Serie A e stadi, incassi record (ma ai club resta la metà)
Il calcio italiano vive un boom di presenze e ricavi, ma non è tutto oro quello che luccica. Ecco come funziona l'equilibrio tra spese, tasse e affitti e perché alle società rimane il 50% di quanto incassano al botteghino
Un record dopo l'altro, il calcio italiano sta riscoprendo il piacere di andare allo stadio. La stagione in corso è la migliore degli anni Duemila per presenze sugli spalti e viene dopo un 2022/2023 che ha fatto segnare il primato di ricavi alla voce ticketing: oltre 400 milioni di euro. Un segnale positivo e insperato visto che per lunghi decenni la curva del numero degli spettatori era stata calante e l'impatto degli incassi da botteghino sempre più marginale nei conti disastrati del nostro pallone.
La pandemia Covid rischiava di essere la mazzata definitiva e, invece, è solo stato l'anno zero da cui ripartire. Se è vero che gli stadi italiani rimangono i più vecchi in Europa e sono in larga parte non adeguati alle esigenze di fruizione moderna dello spettacolo calcistico, la risposta dei tifosi ha mostrato che l'interesse per il pallone è sempre vivo.

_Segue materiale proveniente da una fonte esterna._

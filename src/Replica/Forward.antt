-- ===== src/Replica/Forward.antt =====
-- The generations that a node holds of its peers, before and after a message, in dstate/src/engine.rs.
use dstate.Base.{
  String, ◌<◌, ◌^◌, ◌≡◌, sym, ap, ◌∙◌, subst, true, false, Option, none, some, List, [], ◌∷◌, arith,
  ◌==◌, Bool-cases, inl, inr,
}
use dstate.Types.Envelope.{NodeId, Clock, StateViewObject}
use dstate.Types.Generation.{Generation, gt}
use dstate.Types.Message.{full_snapshot, delta_update, request_snapshot, WireMessage, sync, feed}
use dstate.ViewMap
use dstate.ViewMap.Each.{Each, some_injective}
use dstate.Shard.State.{applied}
use dstate.Shard.Inbound.{delta_verdict, should_accept}
use dstate.Shard.Each.{
  accept_inbound_snapshot-Each, accept_inbound_delta-Each, mark_stale-Each, on_node_left-Each,
}
use dstate.ChangeFeed.{route_inbound_batch}
use dstate.Lifecycle.{should_accept_from}
use dstate.Engine.State.{Engine, EngineAction, own_view_value}
use dstate.Engine.Inbound.{
  reply_own, handle_request_snapshot, handle_inbound_sync, handle_inbound_change_feed,
  handle_inbound, feed_entry, feed_entries,
}
use dstate.Engine.Shards.{handle_full_snapshot-shard, handle_delta_update-shard, feed_entry-shard}

not_behind_self : (g h : Generation) → g ≡ h → gt g h ≡ false
unfolding gt
not_behind_self g h e = ground arith

not_behind_newer : (g h : Generation) → should_accept h g ≡ true → gt g h ≡ false
unfolding gt should_accept
not_behind_newer g h e = ground arith

not_behind_delta :
    (g old : Generation)
    → old.age < 2 ^ 64
    → 0 < g.age
    → delta_verdict g old ≡ applied
    → gt old g ≡ false
unfolding gt delta_verdict
not_behind_delta g old bounded positive e = ground arith

-- The age of a delta is positive; nothing is asked of the other messages.
abbrev pub IsAged : WireMessage → Type 0
IsAged (sync (delta_update name source g w bytes)) = 0 < g.age
IsAged (sync (full_snapshot name source g w bytes)) = Unit
IsAged (sync (request_snapshot name requester)) = Unit
IsAged (feed batch) = Unit

module _ {S V : Type 0} (e : Engine S V) where
  -- The view is not older than the one that `e` has of the node.
  NotBehind : NodeId → StateViewObject V → Type 0
  NotBehind j vo =
      (old : StateViewObject V)
      → ViewMap.get j e.shard.views ≡ some old
      → gt old.generation vo.generation ≡ false

  Forward : Engine S V → Type 0
  Forward r = Each NotBehind r.shard.views

  Forward-refl : Forward e
  unfolding Forward NotBehind
  Forward-refl = record {
    at = λ j vo held old before.
        not_behind_self old.generation vo.generation
          (ap (λ (x : StateViewObject V). x.generation) (some_injective (sym before ∙ held)));
  }

  MaybeForward : Option (Engine S V × List EngineAction) → Type 0
  MaybeForward none = Unit
  MaybeForward (some q) = Forward q.0

  reply_own-MaybeForward : (m : NodeId) (o : Option V) → MaybeForward (reply_own m o e)
  unfolding MaybeForward Forward
  reply_own-MaybeForward m none = tt
  reply_own-MaybeForward m (some v) = Forward-refl

  handle_request_snapshot-MaybeForward :
      (name : String) (requester : NodeId) → MaybeForward (handle_request_snapshot name requester e)
  unfolding handle_request_snapshot MaybeForward
  handle_request_snapshot-MaybeForward name requester = elim (Bool-cases (name == e.state_name)) [
    | inr other ↦ rw other Forward-refl
    | inl own ↦ elim (Bool-cases (should_accept_from requester e.lifecycle)) [
      | inr departed ↦ rw (own, departed) Forward-refl
      | inl present ↦ rw (own, present) (reply_own-MaybeForward requester (own_view_value e))
    ]
  ]

  feed_entries-Forward :
      (entries : List (String × NodeId × Generation)) (r : Engine S V)
      → Forward r
      → Forward (feed_entries entries r)
  unfolding feed_entries NotBehind
  feed_entries-Forward [] r h = h
  feed_entries-Forward (entry ∷ rest) r h = feed_entries-Forward rest (feed_entry entry r) (
      feed_entry-shard Forward (λ d x p. unfold Forward in p) entry r h
        (unfold Forward in
          mark_stale-Each entry.1 entry.2.incarnation entry.2.age r.shard h
            (λ old at newer. h.at entry.1 old at)))

  -- The ages of the views are `u64`.
  abbrev pub IsBounded : Type 0
  IsBounded = Each (λ j vo. vo.generation.age < 2 ^ 64) e.shard.views

  handle_inbound-MaybeForward :
      (clock : Clock) (msg : WireMessage)
      → IsBounded
      → IsAged msg
      → MaybeForward (handle_inbound clock msg e)
  unfolding handle_inbound handle_inbound_sync handle_inbound_change_feed MaybeForward Forward
      NotBehind
  handle_inbound-MaybeForward clock (sync (full_snapshot name source g w bytes)) bounded aged =
      handle_full_snapshot-shard Forward (λ d x p. p) clock name source g w bytes e Forward-refl
        (on_node_left-Each source e.shard Forward-refl)
        (λ v present read.
          accept_inbound_snapshot-Each clock _ e.shard Forward-refl (λ absent old before. cc)
            (λ held at newer old before. not_behind_newer old.generation g (
              ap (λ (x : StateViewObject V). should_accept g x.generation)
                (some_injective (sym before ∙ at))
              ∙ newer)))
  handle_inbound-MaybeForward clock (sync (delta_update name source g w bytes)) bounded aged =
      handle_delta_update-shard Forward (λ d x p. p) clock name source g w bytes e Forward-refl
        (on_node_left-Each source e.shard Forward-refl)
        (λ applier current v a c made.
          accept_inbound_delta-Each clock source g w (λ x. v) e.shard Forward-refl
            (λ held at next old before.
              not_behind_delta g old.generation (bounded.at source old before) aged (
                ap (λ (x : StateViewObject V). delta_verdict g x.generation)
                  (some_injective (sym before ∙ at))
                ∙ next)))
  handle_inbound-MaybeForward clock (sync (request_snapshot name requester)) bounded aged =
      handle_request_snapshot-MaybeForward name requester
  handle_inbound-MaybeForward clock (feed batch) bounded aged =
      feed_entries-Forward (route_inbound_batch batch e.shard.node_id) e Forward-refl

-- The ages of the views are `u64` and that of a delta is positive. Then no message, a feed included,
-- takes a view back: what the node holds of a peer before and after it is not older afterwards.
pub handle_inbound_forward :
    {S V : Type 0} (clock : Clock) (msg : WireMessage) (e e' : Engine S V)
    (actions : List EngineAction) (j : NodeId) (old new : StateViewObject V)
    → IsBounded e
    → IsAged msg
    → handle_inbound clock msg e ≡ some (e', actions)
    → ViewMap.get j e.shard.views ≡ some old
    → ViewMap.get j e'.shard.views ≡ some new
    → gt old.generation new.generation ≡ false
unfolding MaybeForward Forward NotBehind
handle_inbound_forward clock msg e e' actions j old new bounded aged returned before after =
    (subst (MaybeForward e) returned (handle_inbound-MaybeForward e clock msg bounded aged)).at j
      new after old before
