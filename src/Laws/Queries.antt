-- ===== src/Laws/Queries.antt =====
-- Which peers a query reports and asks, and its result.
use dstate.Base.{
  String, ◌≡◌, ◌≢◌, ◌↔◌, ◌⊎◌, refl, sym, subst, ap, ◌∙◌, Bool, true, false, some, List, [], ◌∷◌,
  arith, ◌==◌, eq_iff, if◌then◌else◌, ◌&&◌, not, inl, inr, map, Bool-cases, NotIn, Nodup, In,
  filter,
}
use dstate.HashMap
use dstate.HashMap.{HashMap, keys}
use dstate.HashMap.Laws.{get-NotIn}
use dstate.Types.Config.{Duration}
use dstate.Types.Envelope.{NodeId, Clock, StateViewObject}
use dstate.Types.Message.{request_snapshot}
use dstate.ViewMap
use dstate.ViewMap.{is_stale}
use dstate.Shard.State.{get_view, snapshot}
use dstate.Shard.Query.{query_local, result_of}
use dstate.Lifecycle.{should_accept_from}
use dstate.Engine.State.{Engine, EngineAction, send_sync, EngineQueryResult, fresh, stale}
use dstate.Engine.Query.{query, pulls, answer}
use dstate.Engine.Keeps.{WellFormed}

module _ {V : Type 0} where
  filter-both :
      (p q : String × V → Bool) (m : HashMap V) → filter p (filter q m) ≡ filter (λ e. q e && p e) m
  filter-both p q [] = refl
  filter-both p q (e ∷ m) = ground (arith, filter-both p q m)

  Found : (String × V → Bool) → HashMap V → String → Type 0
  Found p m n = (v : V) × (HashMap.get n m ≡ some v) × (p (n, v) ≡ true)

  get_later :
      (n k : String) (w v : V) (m : HashMap V)
      → NotIn k (keys m)
      → HashMap.get n m ≡ some v
      → HashMap.get n ((k, w) ∷ m) ≡ some v
  unfolding HashMap.get
  get_later n k w v m absent found = ground (arith, eq_iff k n, get-NotIn k m absent)

  filter-Found-later :
      (p : String × V → Bool) (n k : String) (w : V) (m : HashMap V)
      → NotIn k (keys m)
      → Found p m n
      → Found p ((k, w) ∷ m) n
  unfolding Found
  filter-Found-later p n k w m absent (v, found, test) = (v, get_later n k w v m absent found, test)

  filter-Found-step :
      (p : String × V → Bool) (n k : String) (w : V) (m : HashMap V)
      → NotIn k (keys m)
      → (In n (keys (filter p m)) → Found p m n)
      → (b : Bool) → p (k, w) ≡ b
      → In n (keys (if b then (k, w) ∷ filter p m else filter p m))
      → Found p ((k, w) ∷ m) n
  unfolding Found HashMap.get
  filter-Found-step p n k w m absent rest true test (inl same) =
      (w, ground (arith, eq_iff k n), ap (λ (x : String). p (x, w)) same ∙ test)
  filter-Found-step p n k w m absent rest true test (inr there) =
      filter-Found-later p n k w m absent (rest there)
  filter-Found-step p n k w m absent rest false test there =
      filter-Found-later p n k w m absent (rest there)

  filter-Found :
      (p : String × V → Bool) (n : String) (m : HashMap V)
      → Nodup (keys m)
      → In n (keys (filter p m))
      → Found p m n
  filter-Found p n [] distinct there = absurd there
  filter-Found p n ((k, w) ∷ m) (absent, distinct) there =
      filter-Found-step p n k w m absent (filter-Found p n m distinct) (p (k, w)) refl there

  Found-cases :
      (p : String × V → Bool) (n k : String) (w : V) (m : HashMap V)
      → Found p ((k, w) ∷ m) n
      → ((n ≡ k) × (p (k, w) ≡ true)) ⊎ Found p m n
  unfolding Found HashMap.get
  Found-cases p n k w m (v, found, test) = elim (Bool-cases (k == n)) [
    | inl same ↦
        let at : k ≡ n = ground (arith, eq_iff k n) in
        let value : w ≡ v = ground (arith, eq_iff k n) in
        inl (sym at, ap (λ (x : String). p (x, w)) at ∙ ap (λ (x : V). p (n, x)) value ∙ test)
    | inr other ↦ inr (v, ground (arith, eq_iff k n), test)
  ]

  Found-filter-step :
      (p : String × V → Bool) (n k : String) (w : V) (m : HashMap V)
      → (Found p m n → In n (keys (filter p m)))
      → ((n ≡ k) × (p (k, w) ≡ true)) ⊎ Found p m n
      → (b : Bool) → p (k, w) ≡ b
      → In n (keys (if b then (k, w) ∷ filter p m else filter p m))
  Found-filter-step p n k w m rest (inl (same, test)) true e = inl same
  Found-filter-step p n k w m rest (inl (same, test)) false e = cc
  Found-filter-step p n k w m rest (inr found) true e = inr (rest found)
  Found-filter-step p n k w m rest (inr found) false e = rest found

  Found-filter :
      (p : String × V → Bool) (n : String) (m : HashMap V) → Found p m n → In n (keys (filter p m))
  unfolding Found HashMap.get
  Found-filter p n [] (v, found, test) = cc
  Found-filter p n ((k, w) ∷ m) h =
      Found-filter-step p n k w m (Found-filter p n m) (Found-cases p n k w m h) (p (k, w)) refl

filter-all :
    (p : NodeId → Bool) (l : List NodeId) → ((n : NodeId) → In n l → p n ≡ true) → filter p l ≡ l
filter-all p [] all = refl
filter-all p (n ∷ l) all =
    rw (all n (inl refl)) (ap (◌∷◌ n) (filter-all p l (λ m there. all m (inr there))))

-- The peers that an answer reports.
abbrev pub behind : {R : Type 0} → EngineQueryResult R → List NodeId
behind (fresh r) = []
behind (stale r peers) = peers

abbrev pub answered : {R : Type 0} → EngineQueryResult R → R
answered (fresh r) = r
answered (stale r peers) = r

module _ {S V : Type 0} where
  -- Another node whose view is too old, or is known to be out of date.
  abbrev pub IsBehind : Clock → Duration → Engine S V → NodeId → Type 0
  IsBehind clock max_staleness e n =
      (n ≢ e.shard.node_id)
      × (vo : StateViewObject V) × (get_view n e.shard ≡ some vo)
      × (is_stale clock.now max_staleness vo ≡ true)

  test : Clock → Duration → Engine S V → String × StateViewObject V → Bool
  test clock max_staleness e x =
      not (x.0 == e.shard.node_id) && is_stale clock.now max_staleness x.1

  stale_list : Clock → Duration → Engine S V → List NodeId
  stale_list clock max_staleness e = keys (filter (test clock max_staleness e) (snapshot e.shard))

  query-stale_list :
      {R : Type 0} (clock : Clock) (max_staleness : Duration)
      (project : HashMap (StateViewObject V) → R) (e : Engine S V)
      → query clock max_staleness project e
        ≡ answer (result_of (stale_list clock max_staleness e) (project (snapshot e.shard))) e
  unfolding query query_local stale_list test
  query-stale_list clock max_staleness project e =
      ap (λ l. answer (result_of (keys l) (project (snapshot e.shard))) e)
        (filter-both {V = StateViewObject V} (λ x. is_stale clock.now max_staleness x.1)
          (λ x. not (x.0 == e.shard.node_id)) (snapshot e.shard))

  stale_list-IsBehind :
      (clock : Clock) (max_staleness : Duration) (e : Engine S V) (n : NodeId)
      → WellFormed e
      → In n (stale_list clock max_staleness e) ↔ IsBehind clock max_staleness e n
  unfolding stale_list test Found get_view ViewMap.get
  stale_list-IsBehind clock max_staleness e n h = (
    λ there.
        let (vo, held, both) =
          filter-Found (test clock max_staleness e) n (snapshot e.shard) h.distinct there in
        (λ same. ground (arith, eq_iff n e.shard.node_id), vo, held, ground arith),
    λ (other, vo, held, late).
        Found-filter (test clock max_staleness e) n (snapshot e.shard)
          (vo, held, ground (arith, eq_iff n e.shard.node_id)),
  )

  heard :
      (e : Engine S V) (n : NodeId) (vo : StateViewObject V)
      → WellFormed e
      → n ≢ e.shard.node_id
      → get_view n e.shard ≡ some vo
      → should_accept_from n e.lifecycle ≡ true
  unfolding get_view
  heard e n vo h other held = elim (h.sound.at n vo held).2 [
    | inl accepts ↦ accepts
    | inr self ↦ absurd (other self)
  ]

  answer_lem :
      {R : Type 0} (l : List NodeId) (r : R) (e : Engine S V)
      → let a = answer (result_of l r) e in
        (answered a.0 ≡ r)
        × (behind a.0 ≡ l)
        × (a.1 ≡ (if e.sync_logic.strategy.pull_on_query then pulls l e else []))
  answer_lem [] r e = (refl, refl, ground arith)
  answer_lem (n ∷ l) r e = (refl, refl, refl)

  -- A query of a well-formed engine answers with the projection of all the views that the node holds. It reports exactly the
  -- other nodes whose view is older than allowed or known to be out of date, so that it is fresh
  -- exactly if there is none; and where the strategy pulls on a query it asks each of them for a
  -- snapshot, and else nobody.
  pub query_reports :
      {R : Type 0} (clock : Clock) (max_staleness : Duration)
      (project : HashMap (StateViewObject V) → R) (e : Engine S V)
      → WellFormed e
      → let q = query clock max_staleness project e in
        (answered q.0 ≡ project (snapshot e.shard))
        × ((n : NodeId) → In n (behind q.0) ↔ IsBehind clock max_staleness e n)
        × (q.1 ≡ (
            if e.sync_logic.strategy.pull_on_query
            then map
                (λ peer. send_sync peer (request_snapshot e.state_name e.shard.node_id))
                (behind q.0)
            else []))
  query_reports {R = R} clock max_staleness project e h =
      let l = stale_list clock max_staleness e in
      let (result, reported, actions) = answer_lem l (project (snapshot e.shard)) e in
      let all =
        filter-all (λ peer. should_accept_from peer e.lifecycle) l
          (λ n there.
            let (other, vo, held, late) = (stale_list-IsBehind clock max_staleness e n h).0 there in
            heard e n vo h other held) in
      subst
        (λ (q : EngineQueryResult R × List EngineAction).
          (answered q.0 ≡ project (snapshot e.shard))
          × ((n : NodeId) → In n (behind q.0) ↔ IsBehind clock max_staleness e n)
          × (q.1 ≡ (
              if e.sync_logic.strategy.pull_on_query
              then map (λ peer. send_sync peer (request_snapshot e.state_name e.shard.node_id))
                  (behind q.0)
              else [])))
        (sym (query-stale_list clock max_staleness project e))
        (
          result,
          λ n.
              subst (λ (x : List NodeId). In n x ↔ IsBehind clock max_staleness e n) (sym reported)
                (stale_list-IsBehind clock max_staleness e n h),
          actions ∙ rw (all, reported),
        )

L'andata del quarto di finale della Champions League tra Inter e Atletico Madrid dello scorso 20 febbraio ha fatto registrare per i nerazzurri un incasso lordo di 9.218.859 euro, il secondo della storia dopo i 10.461.705 dell'Euroderby del maggio 2023. E Inter-Juventus, partita scudetto di questo inverno, ha toccato i 6.296.245 euro mettendosi al secondo posto nell'elenco storico della Serie A. Due esempi tra tanti in una stagione in cui quasi tutte le squadre possono vantare numeri importanti e la media presenze è salita a 30.763 per gara. Il 30% in più rispetto a dieci anni fa (erano 23.351 nel 2014) e il 57% in più sul primato negativo della stagione post calciopoli, quella dei 19.307 che aveva spinto la Serie A ai margini d'Europa.
INCASSI RECORD, QUANTO RESTA DI NETTO AI CLUB
Ovviamente non è tutto oro quello che luccica. Non tutto quello che viene dichiarato come incasso lordo finisce nelle disponibilità delle società perché ci sono tasse, spese e oneri che ne riducono gli effetti. Quanto? La stima è che, rispetto al lordo che entra come voce nel fatturato, alla fine la quota che rimane netta si aggira intorno al 50%.
Quando un club comunica il dato del match day di una partita, solitamente comprende quanto ricavato al botteghino dalla vendita dei biglietti singoli per quella sfida, la quota abbonamenti (molte società utilizzano ormai il numero chiuso delle tessere per poter poi ottimizzare gli incassi dalla vendita libera), quanto ricavato dalle ricche hospitality - sempre per quota parte laddove sono cedute per tutta la stagione - e l'incasso dei parcheggi.
Trovato il dato lordo, per arrivare al netto bisogna cominciare a detrarre spese e oneri partendo dal 22% di IVA che deve essere riconosciuto al Fisco. Ci sono poi i costi vivi per attivare i servizi proposti (hospitality, hostess, steward, catering e allestimento delle aree dell'impianto che accolgono i tifosi delle zone corporate) e quelli legati alla sicurezza che dentro gli impianti è a carico delle società: security, ambulanze, Vigili del fuoco e controlli ai cancelli). Queste due macro voci portano via, nella media, circa il 9% di quanto incassato.
Ciascuna squadra, poi, deve conteggiare i costi di affitto dello stadio visto che pochissime lo hanno di proprietà. Prendendo come esempio Inter e Milan, entrambe versano circa 4,5 milioni di euro all'anno al Comune di Milano per la concessione di San Siro. Stimando in una trentina le partite stagionali tra campionato, Coppa Italia e coppe europee, ecco che l'impatto dell'affitto si aggira intorno ai 150.000 euro ogni volta che si gioca. Un'altra fetta dell'incasso, infine, serve per coprire i costi di gestione dell'impianto e delle società che se ne occupano: nel caso di Milano, per esempio, la MiStadio che è stata creata da Inter e Milan per occuparsi di San Siro.